[Opening The input section]
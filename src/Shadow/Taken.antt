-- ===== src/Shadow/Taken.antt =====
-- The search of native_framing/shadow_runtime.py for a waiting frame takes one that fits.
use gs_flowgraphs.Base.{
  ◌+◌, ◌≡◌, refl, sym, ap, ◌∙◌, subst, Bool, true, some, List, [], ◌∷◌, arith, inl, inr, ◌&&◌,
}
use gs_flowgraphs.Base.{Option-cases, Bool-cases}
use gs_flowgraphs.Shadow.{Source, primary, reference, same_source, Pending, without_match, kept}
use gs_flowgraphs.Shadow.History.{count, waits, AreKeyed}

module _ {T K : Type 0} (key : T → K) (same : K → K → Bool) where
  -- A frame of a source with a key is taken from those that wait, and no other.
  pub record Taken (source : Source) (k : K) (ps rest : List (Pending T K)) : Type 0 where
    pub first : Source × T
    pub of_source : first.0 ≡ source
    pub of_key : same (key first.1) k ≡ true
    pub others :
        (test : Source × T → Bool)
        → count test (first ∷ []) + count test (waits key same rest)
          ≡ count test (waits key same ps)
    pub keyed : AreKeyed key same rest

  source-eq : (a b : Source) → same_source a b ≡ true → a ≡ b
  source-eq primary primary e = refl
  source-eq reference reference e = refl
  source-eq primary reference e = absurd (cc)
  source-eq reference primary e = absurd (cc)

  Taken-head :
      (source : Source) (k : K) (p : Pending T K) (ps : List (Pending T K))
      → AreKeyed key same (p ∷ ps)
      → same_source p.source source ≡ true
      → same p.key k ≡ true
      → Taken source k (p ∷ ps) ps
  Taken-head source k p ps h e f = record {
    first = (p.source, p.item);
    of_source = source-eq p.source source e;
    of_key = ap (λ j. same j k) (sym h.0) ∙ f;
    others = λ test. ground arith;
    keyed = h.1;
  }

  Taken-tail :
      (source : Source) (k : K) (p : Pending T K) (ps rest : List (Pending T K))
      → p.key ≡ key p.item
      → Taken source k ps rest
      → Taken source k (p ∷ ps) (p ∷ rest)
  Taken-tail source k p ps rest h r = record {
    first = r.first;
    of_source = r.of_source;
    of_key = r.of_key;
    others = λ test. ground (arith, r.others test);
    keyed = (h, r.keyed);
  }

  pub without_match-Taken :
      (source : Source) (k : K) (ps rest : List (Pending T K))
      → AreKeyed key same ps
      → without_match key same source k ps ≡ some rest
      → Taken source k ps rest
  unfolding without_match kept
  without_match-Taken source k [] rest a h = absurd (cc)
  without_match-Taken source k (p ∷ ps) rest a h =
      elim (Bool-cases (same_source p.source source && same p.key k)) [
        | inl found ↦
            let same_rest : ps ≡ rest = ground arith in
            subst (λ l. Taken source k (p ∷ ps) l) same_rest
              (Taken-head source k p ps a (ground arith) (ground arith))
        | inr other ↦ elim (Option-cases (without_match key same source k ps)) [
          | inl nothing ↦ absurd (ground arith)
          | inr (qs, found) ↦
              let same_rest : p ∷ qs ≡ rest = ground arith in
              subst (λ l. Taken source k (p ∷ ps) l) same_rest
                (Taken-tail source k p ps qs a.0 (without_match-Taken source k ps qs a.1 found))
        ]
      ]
[Closing The input section]
[Opening The input section]
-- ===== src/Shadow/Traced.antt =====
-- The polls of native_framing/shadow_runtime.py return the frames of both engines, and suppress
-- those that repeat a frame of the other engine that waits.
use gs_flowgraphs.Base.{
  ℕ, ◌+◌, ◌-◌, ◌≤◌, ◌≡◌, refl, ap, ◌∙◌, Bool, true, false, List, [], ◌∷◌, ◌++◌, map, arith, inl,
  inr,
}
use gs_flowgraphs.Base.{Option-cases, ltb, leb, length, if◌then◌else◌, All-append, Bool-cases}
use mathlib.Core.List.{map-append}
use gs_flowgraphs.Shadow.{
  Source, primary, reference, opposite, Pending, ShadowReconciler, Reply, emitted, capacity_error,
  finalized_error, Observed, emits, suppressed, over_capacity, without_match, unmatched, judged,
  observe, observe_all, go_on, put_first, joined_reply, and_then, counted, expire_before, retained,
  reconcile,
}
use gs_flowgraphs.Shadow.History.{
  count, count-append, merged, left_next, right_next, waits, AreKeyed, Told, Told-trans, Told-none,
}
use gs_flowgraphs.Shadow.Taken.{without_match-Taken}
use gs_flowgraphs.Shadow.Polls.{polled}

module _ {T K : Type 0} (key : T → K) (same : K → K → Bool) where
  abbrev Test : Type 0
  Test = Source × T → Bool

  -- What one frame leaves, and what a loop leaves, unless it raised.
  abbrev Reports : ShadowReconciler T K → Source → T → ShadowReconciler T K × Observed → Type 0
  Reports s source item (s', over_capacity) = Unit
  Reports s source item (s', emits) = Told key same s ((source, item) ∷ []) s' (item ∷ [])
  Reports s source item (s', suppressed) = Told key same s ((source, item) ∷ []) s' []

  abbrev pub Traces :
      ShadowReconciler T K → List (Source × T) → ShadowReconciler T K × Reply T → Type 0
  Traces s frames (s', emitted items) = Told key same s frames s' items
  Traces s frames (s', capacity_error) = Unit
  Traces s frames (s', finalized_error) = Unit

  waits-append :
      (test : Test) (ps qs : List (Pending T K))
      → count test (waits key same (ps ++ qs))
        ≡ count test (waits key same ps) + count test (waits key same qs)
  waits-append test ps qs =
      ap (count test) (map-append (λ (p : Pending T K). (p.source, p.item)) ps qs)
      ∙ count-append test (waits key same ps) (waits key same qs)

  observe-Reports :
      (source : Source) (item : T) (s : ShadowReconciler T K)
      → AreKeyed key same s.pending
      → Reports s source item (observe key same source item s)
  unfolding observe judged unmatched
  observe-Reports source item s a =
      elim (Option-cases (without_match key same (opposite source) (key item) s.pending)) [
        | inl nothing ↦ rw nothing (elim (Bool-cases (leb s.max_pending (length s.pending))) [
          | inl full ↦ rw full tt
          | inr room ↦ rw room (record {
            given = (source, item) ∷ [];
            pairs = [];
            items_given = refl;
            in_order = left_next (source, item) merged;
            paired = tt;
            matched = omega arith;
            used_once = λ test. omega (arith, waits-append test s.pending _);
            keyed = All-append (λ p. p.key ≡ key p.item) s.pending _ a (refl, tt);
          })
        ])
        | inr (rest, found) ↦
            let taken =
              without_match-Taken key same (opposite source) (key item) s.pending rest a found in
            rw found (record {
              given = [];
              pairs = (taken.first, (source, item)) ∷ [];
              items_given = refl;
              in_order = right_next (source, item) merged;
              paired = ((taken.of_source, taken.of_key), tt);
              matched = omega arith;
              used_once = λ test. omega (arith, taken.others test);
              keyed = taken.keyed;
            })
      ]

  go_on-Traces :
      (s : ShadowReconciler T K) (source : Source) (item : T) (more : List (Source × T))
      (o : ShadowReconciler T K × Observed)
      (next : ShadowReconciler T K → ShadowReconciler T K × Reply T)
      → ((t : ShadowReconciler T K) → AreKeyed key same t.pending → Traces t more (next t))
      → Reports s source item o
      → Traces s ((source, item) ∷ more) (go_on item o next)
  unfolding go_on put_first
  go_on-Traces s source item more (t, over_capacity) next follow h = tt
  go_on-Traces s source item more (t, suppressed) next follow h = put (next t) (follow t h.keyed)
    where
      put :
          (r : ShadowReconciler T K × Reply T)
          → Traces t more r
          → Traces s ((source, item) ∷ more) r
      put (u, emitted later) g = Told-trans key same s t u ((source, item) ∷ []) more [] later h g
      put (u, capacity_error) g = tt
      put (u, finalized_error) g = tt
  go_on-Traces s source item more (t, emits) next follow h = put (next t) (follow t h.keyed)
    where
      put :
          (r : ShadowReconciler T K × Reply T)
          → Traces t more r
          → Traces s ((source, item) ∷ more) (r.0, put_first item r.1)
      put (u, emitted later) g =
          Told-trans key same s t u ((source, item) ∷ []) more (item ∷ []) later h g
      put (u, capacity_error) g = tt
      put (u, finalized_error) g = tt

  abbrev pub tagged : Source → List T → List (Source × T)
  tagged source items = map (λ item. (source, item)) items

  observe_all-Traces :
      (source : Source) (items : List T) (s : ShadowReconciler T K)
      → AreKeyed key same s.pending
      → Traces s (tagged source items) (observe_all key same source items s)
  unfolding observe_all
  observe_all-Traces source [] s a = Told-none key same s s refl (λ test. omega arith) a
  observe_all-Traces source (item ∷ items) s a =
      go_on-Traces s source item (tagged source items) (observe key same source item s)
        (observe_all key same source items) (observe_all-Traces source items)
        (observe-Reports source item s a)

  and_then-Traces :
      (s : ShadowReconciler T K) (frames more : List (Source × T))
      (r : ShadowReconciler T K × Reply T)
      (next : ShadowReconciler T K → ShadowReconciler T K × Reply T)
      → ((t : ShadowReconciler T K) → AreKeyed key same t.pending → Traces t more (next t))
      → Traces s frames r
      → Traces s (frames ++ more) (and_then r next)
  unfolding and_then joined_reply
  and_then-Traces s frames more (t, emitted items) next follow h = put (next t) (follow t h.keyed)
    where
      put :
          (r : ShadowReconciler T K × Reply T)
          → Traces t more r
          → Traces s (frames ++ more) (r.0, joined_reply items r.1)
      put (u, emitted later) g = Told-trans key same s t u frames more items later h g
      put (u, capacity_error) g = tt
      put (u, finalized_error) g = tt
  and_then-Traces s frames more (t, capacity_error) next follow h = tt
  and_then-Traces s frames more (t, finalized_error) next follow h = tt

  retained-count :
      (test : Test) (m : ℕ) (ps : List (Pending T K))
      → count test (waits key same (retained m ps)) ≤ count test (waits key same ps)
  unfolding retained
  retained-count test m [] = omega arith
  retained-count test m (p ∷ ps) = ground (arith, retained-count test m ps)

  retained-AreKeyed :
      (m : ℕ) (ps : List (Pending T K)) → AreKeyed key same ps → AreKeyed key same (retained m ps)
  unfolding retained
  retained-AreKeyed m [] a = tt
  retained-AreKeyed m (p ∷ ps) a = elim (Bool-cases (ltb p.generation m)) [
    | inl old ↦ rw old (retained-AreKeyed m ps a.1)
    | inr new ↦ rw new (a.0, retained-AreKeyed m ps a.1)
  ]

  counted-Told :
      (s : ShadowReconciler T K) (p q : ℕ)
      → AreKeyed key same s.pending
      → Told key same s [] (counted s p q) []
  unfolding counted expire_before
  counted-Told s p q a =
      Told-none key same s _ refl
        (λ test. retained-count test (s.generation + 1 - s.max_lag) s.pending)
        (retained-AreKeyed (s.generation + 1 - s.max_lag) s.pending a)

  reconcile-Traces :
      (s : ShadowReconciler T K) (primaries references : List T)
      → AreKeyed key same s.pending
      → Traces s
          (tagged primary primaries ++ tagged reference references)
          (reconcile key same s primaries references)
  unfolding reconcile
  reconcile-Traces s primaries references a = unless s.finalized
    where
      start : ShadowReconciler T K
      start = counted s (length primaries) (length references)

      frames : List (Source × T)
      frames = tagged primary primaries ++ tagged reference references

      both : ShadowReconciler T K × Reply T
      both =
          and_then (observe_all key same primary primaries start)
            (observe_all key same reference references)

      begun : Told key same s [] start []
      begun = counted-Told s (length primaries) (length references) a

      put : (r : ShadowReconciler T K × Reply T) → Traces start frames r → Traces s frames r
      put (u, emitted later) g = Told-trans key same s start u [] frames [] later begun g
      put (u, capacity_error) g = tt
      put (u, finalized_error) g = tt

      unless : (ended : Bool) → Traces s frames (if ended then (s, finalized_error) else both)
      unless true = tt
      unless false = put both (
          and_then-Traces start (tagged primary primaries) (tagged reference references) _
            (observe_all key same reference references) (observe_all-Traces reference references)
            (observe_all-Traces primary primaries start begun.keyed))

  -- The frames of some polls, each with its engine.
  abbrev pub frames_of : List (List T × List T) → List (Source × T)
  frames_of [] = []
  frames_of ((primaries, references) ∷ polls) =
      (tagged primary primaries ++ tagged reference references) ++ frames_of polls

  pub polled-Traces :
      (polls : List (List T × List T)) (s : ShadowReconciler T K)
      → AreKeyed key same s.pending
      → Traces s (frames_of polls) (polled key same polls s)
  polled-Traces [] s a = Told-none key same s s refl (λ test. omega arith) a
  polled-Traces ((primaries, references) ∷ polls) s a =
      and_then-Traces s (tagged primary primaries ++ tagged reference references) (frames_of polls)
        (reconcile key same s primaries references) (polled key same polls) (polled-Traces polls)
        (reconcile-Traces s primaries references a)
[Closing The input section]
» Work item:
Starting at the line that has "Taken-head source k p ps h" in the records above, restate word for word every line until the one that has "without_match-Taken source k (p", and include that one as well.

» Result:
  Taken-head source k p ps h e f = record {
    first = (p.source, p.item);
    of_source = source-eq p.source source e;
    of_key = ap (λ j. same j k) (sym h.0) ∙ f;
    others = λ test. ground arith;
    keyed = h.1;
  }

  Taken-tail :
      (source : Source) (k : K) (p : Pending T K) (ps rest : List (Pending T K))
      → p.key ≡ key p.item
      → Taken source k ps rest
      → Taken source k (p ∷ ps) (p ∷ rest)
  Taken-tail source k p ps rest h r = record {
    first = r.first;
    of_source = r.of_source;
    of_key = r.of_key;
    others = λ test. ground (arith, r.others test);
    keyed = (h, r.keyed);
  }

  pub without_match-Taken :
      (source : Source) (k : K) (ps rest : List (Pending T K))
      → AreKeyed key same ps
      → without_match key same source k ps ≡ some rest
      → Taken source k ps rest
  unfolding without_match kept
  without_match-Taken source k [] rest a h = absurd (cc)
  without_match-Taken source k (p ∷ ps) rest a h =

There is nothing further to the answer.